• _About this task_
Search the records below for the word "their". Copy each line where it occurs.

(Items listed in a dataset)
----

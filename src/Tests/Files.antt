-- ===== src/Tests/Files.antt =====
-- Examples on runs, fence pointers and Bloom filters.
use cs.Prelude.{ℕ, ◌+◌, ◌<◌, ◌≡◌, refl, List, [], ◌∷◌, ◌++◌, true, false, arith, length}
use cs.Result.{ok}
use cs.Pair.{lookup, within}
use cs.Int64.{rank}
use cs.Bloom
use cs.Bloom.{BloomFilter, optimal_bits, optimal_hash_functions}
use cs.Bloom.File.{FilterFits}
use cs.Bloom.Membership.{Extends, might_contain-insert}
use cs.Fence
use cs.Fence.{FencePointer, fence, binary_search, find_offset, find_range_offsets, key_offsets}
use cs.Fence.Search.{IsChoice, binary_search-IsChoice}
use cs.Store.{Store, to_string}
use cs.Store.Paths.{read_number, read_number-to_string}
use cs.Run
use cs.Run.{
  Run, data_filename, bloom_filename, fence_filename, get_all_pairs, get_sample_pairs, read_pair_at,
}
use cs.Run.Holds.{Holds, SameFiles}
use cs.Run.Get.{get-lookup}
use cs.Run.Range.{range-within}
use cs.Run.Create.{OnlyFilesOf, create-Holds}
use cs.Run.Reload.{PointersFit, load-create}
use cs.Tests.{two, two-Fits, two-Ascends, coarse, stored, run, run-Holds, full_filter, quarter}

get-lookup_example :
    (s : Store) × (Run.get run 5 stored ≡ (ok (lookup 5 two), s)) × SameFiles stored s
get-lookup_example = get-lookup stored run two 5 run-Holds

range-within_example :
    (s : Store) × (Run.range run 4 9 stored ≡ (ok (within 4 9 two), s)) × SameFiles stored s
range-within_example = range-within stored run two 4 9 run-Holds

four_bits : 0 < optimal_bits coarse (length two) quarter
unfolding optimal_bits
four_bits = omega arith

create-Holds_example :
    (r : Run) × (s : Store) × (Run.create coarse two 2 7 quarter stored ≡ (ok r, s))
    × Holds s r two
    × (r.filename ≡ data_filename 2 7)
    × OnlyFilesOf (data_filename 2 7) stored s
    × (s.write_io_count ≡ stored.write_io_count + 1)
create-Holds_example =
    create-Holds coarse two 2 7 quarter stored refl two-Fits two-Ascends four_bits
      (record { data_file = refl; bloom_file = refl; fence_file = refl })

two-FilterFits : FilterFits (Bloom.create coarse quarter 2)
unfolding Bloom.create optimal_bits optimal_hash_functions
two-FilterFits = record {
  fpr = omega arith;
  expected = omega arith;
  hashes = omega arith;
  count = omega arith;
}

two-PointersFit : PointersFit (Fence.create (data_filename 2 7) (key_offsets 0 two))
unfolding data_filename to_string Fence.create key_offsets
two-PointersFit = record {
  name = omega arith;
  count = omega arith;
  entries = (omega arith, omega arith, tt);
}

load-create_example :
    (r : Run) × (s : Store) × (Run.create coarse two 2 7 quarter stored ≡ (ok r, s))
    × (Run.load r.filename 2 7 s ≡ (ok (record r { bytes = 32 }), s))
load-create_example =
    load-create coarse two 2 7 quarter stored refl four_bits
      (record { data_file = refl; bloom_file = refl; fence_file = refl }) two-FilterFits
      two-PointersFit

abbrev three : List FencePointer
three = fence 3 0 ∷ fence 5 4096 ∷ fence 9 8192 ∷ []

binary_search-IsChoice_example : (i : ℕ) × (binary_search three 7 ≡ ok i) × IsChoice three 7 i
unfolding rank
binary_search-IsChoice_example =
    binary_search-IsChoice three 7 0 (omega arith, (omega arith, (omega arith, tt))) (omega arith)

abbrev clear_filter : BloomFilter
clear_filter = record {
  bits = false ∷ false ∷ false ∷ [];
  num_hash_functions = 2;
  fpr = quarter;
  expected_num_elements = 1;
}

might_contain-insert_example :
    (b : BloomFilter) × (Bloom.insert clear_filter 42 ≡ ok b)
    × Extends clear_filter b
    × (Bloom.might_contain b 42 ≡ ok true)
might_contain-insert_example = might_contain-insert clear_filter 42 (omega arith)

read_number-to_string_example : read_number 0 (to_string 120 ++ 46 ∷ []) ≡ read_number 120 (46 ∷ [])
read_number-to_string_example = read_number-to_string 120 (46 ∷ [])

grown : BloomFilter
grown = (might_contain-insert full_filter 7 (omega arith)).0
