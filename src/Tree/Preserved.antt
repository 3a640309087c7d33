-- ===== src/Tree/Preserved.antt =====
-- What a compaction does to the map that a tree stands for.
use cs.Prelude.{
  ℕ, ◌+◌, true, length, ◌≡◌, ◌⊎◌, refl, sym, ap, ◌∙◌, List, [], ◌∷◌, ◌++◌, Option, some, none, ◌==◌,
  inl, inr, Bool-cases, ==_iff,
}
use cs.Int64.{tombstone}
use cs.Pair.{KeyValuePair, lookup}
use cs.Compaction.{live}
use cs.Compaction.Choices.{Contested}
use cs.Tree.Merge.{Taken, concat, merged}
use cs.Level.{Level, is_due}
use cs.Tree.Holds.{newest, newest_of_runs, newest_of_levels, first_some}
use cs.Tree.Splits.{newest_of_levels-append, newest_of_runs-snoc}

-- The newest value of a key once the runs of a level are merged and `taken` is their value of the key: where
-- it marks a deletion, the key has what the deeper levels hold for it.
unfoldable pub newest_merged :
    ℕ
    → List KeyValuePair
    → List (List (List KeyValuePair))
    → Option ℕ
    → List (List (List KeyValuePair))
    → Option ℕ
newest_merged k buffered apsss taken psss =
    first_some (lookup k buffered)
      (first_some (newest_of_levels k apsss) (first_some (live taken) (newest_of_levels k psss)))

-- After a merge of the runs `pss` of a level, a key has its newest value, where that of the level is the
-- newest one of the runs, or another one if the runs hold the key with several values; where it marks a
-- deletion, the key has what the deeper levels hold for it.
abbrev pub Merges :
    ℕ
    → List KeyValuePair
    → List (List (List KeyValuePair))
    → List (List KeyValuePair)
    → List (List (List KeyValuePair))
    → Option ℕ
    → Type 0
Merges k buffered apsss pss psss after =
    (o : Option ℕ) × Taken k pss o × (after ≡ newest_merged k buffered apsss o psss)

-- A value is kept, and so is that there is none, but for a deletion mark and where `D` holds.
abbrev pub Preserved : Type 0 → Option ℕ → Option ℕ → Type 0
Preserved D before after = (before ≡ some tombstone) ⊎ ((after ≡ before) ⊎ D)

pub Preserved-trans :
    {D : Type 0} (x y z : Option ℕ) → Preserved D x y → Preserved D y z → Preserved D x z
Preserved-trans x y z (inl e) q = inl e
Preserved-trans x y z (inr (inl e)) (inl e') = inl (sym e ∙ e')
Preserved-trans x y z (inr (inl e)) (inr (inl e')) = inr (inl (e' ∙ e))
Preserved-trans x y z (inr (inl e)) (inr (inr h)) = inr (inr h)
Preserved-trans x y z (inr (inr h)) q = inr (inr h)

first_some-Preserved :
    {D : Type 0} (o : Option ℕ) (x y : Option ℕ)
    → Preserved D x y
    → Preserved D (first_some o x) (first_some o y)
first_some-Preserved (some v) x y p = inr (inl refl)
first_some-Preserved none x y p = p

live-Preserved :
    {D : Type 0} (o x : Option ℕ) → Preserved D (first_some o x) (first_some (live o) x)
live-Preserved none x = inr (inl refl)
live-Preserved (some v) x = elim (Bool-cases (v == tombstone)) [
  | inl mark ↦ inl (ap (λ w. some w) ((==_iff v tombstone).0 mark))
  | inr value ↦ inr (inl (rw value))
]

live-Taken :
    {D : Type 0} (k : ℕ) (pss : List (List KeyValuePair)) (o x : Option ℕ)
    → (Contested k (concat pss) → D)
    → Taken k pss o
    → Preserved D (first_some (newest_of_runs k pss) x) (first_some (live o) x)
live-Taken k pss o x f (inl e) = rw e (live-Preserved (newest_of_runs k pss) x)
live-Taken k pss o x f (inr (v, e, here, several)) = inr (inr (f several))

newest_merged-Preserved :
    {D : Type 0} (k : ℕ) (buffered : List KeyValuePair) (apsss : List (List (List KeyValuePair)))
    (pss : List (List KeyValuePair)) (psss : List (List (List KeyValuePair))) (o : Option ℕ)
    → (Contested k (concat pss) → D)
    → Taken k pss o
    → Preserved D (newest k buffered (apsss ++ pss ∷ psss)) (newest_merged k buffered apsss o psss)
unfolding newest newest_merged newest_of_levels
newest_merged-Preserved k buffered apsss pss psss o f taken =
    rw (newest_of_levels-append k apsss (pss ∷ psss)) (
      first_some-Preserved (lookup k buffered) _ _ (
        first_some-Preserved (newest_of_levels k apsss) _ _
          (live-Taken k pss o (newest_of_levels k psss) f taken)))

-- The runs `pss` that are merged hold the key with several values, or so do the runs of the next level, `tss`
-- with the merged one, where that level is due for a merge too.
abbrev pub Varies :
    Level
    → (List KeyValuePair → List KeyValuePair)
    → ℕ
    → List (List KeyValuePair)
    → List (List KeyValuePair)
    → Type 0
Varies next sort k pss tss =
    Contested k (concat pss)
    ⊎ ((is_due next.strategy (length next.runs + 1) ≡ true)
        × Contested k (concat (tss ++ merged sort pss ∷ [])))

-- A merge keeps the newest value of a key, but for a deletion mark and where the runs hold several values.
pub Merges-Preserved :
    {D : Type 0} (k : ℕ) (buffered : List KeyValuePair) (apsss : List (List (List KeyValuePair)))
    (pss : List (List KeyValuePair)) (psss : List (List (List KeyValuePair))) (after : Option ℕ)
    → (Contested k (concat pss) → D)
    → Merges k buffered apsss pss psss after
    → Preserved D (newest k buffered (apsss ++ pss ∷ psss)) after
Merges-Preserved k buffered apsss pss psss after f (o, taken, e) =
    rw e (newest_merged-Preserved k buffered apsss pss psss o f taken)

first_some_assoc :
    (o p q : Option ℕ) → first_some (first_some o p) q ≡ first_some o (first_some p q)
first_some_assoc (some v) p q = refl
first_some_assoc none p q = refl

-- Behind an emptied level the merged pairs are the newest run of the next level but for levels that
-- hold nothing.
pub newest-moved :
    (k : ℕ) (buffered : List KeyValuePair) (apsss : List (List (List KeyValuePair)))
    (pss : List (List KeyValuePair)) (mids : List (List (List KeyValuePair)))
    (tss : List (List KeyValuePair)) (rest : List (List (List KeyValuePair)))
    (ps : List KeyValuePair)
    → ((o : Option ℕ) × Taken k pss o × (lookup k ps ≡ live o))
    → newest_of_levels k mids ≡ none
    → Merges k buffered apsss pss
        (mids ++ tss ∷ rest)
        (newest k buffered (apsss ++ [] ∷ (mids ++ (tss ++ ps ∷ []) ∷ rest)))
unfolding newest newest_merged newest_of_levels newest_of_runs
newest-moved k buffered apsss pss mids tss rest ps (o, taken, merges) free =
    let tail = first_some_assoc (lookup k ps) (newest_of_runs k tss) (newest_of_levels k rest) in
    (
      o,
      taken,
      rw (
        newest_of_levels-append k apsss ([] ∷ (mids ++ (tss ++ ps ∷ []) ∷ rest)),
        newest_of_levels-append k mids ((tss ++ ps ∷ []) ∷ rest),
        newest_of_levels-append k mids (tss ∷ rest),
        free,
        newest_of_runs-snoc k tss ps,
        tail,
        merges,
      ),
    )

-- The merged pairs are the only run of their level.
pub newest-replaced :
    (k : ℕ) (buffered : List KeyValuePair) (apsss : List (List (List KeyValuePair)))
    (pss : List (List KeyValuePair)) (rest : List (List (List KeyValuePair)))
    (ps : List KeyValuePair)
    → ((o : Option ℕ) × Taken k pss o × (lookup k ps ≡ live o))
    → Merges k buffered apsss pss rest (newest k buffered (apsss ++ (ps ∷ []) ∷ rest))
unfolding newest newest_merged newest_of_levels newest_of_runs
newest-replaced k buffered apsss pss rest ps (o, taken, merges) =
    (o, taken, rw (newest_of_levels-append k apsss ((ps ∷ []) ∷ rest), merges))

----

• _Your response_
-- The newest value of a key once the runs of a level are merged and `taken` is their value of the key: where
-- The merged pairs are the only run of their level.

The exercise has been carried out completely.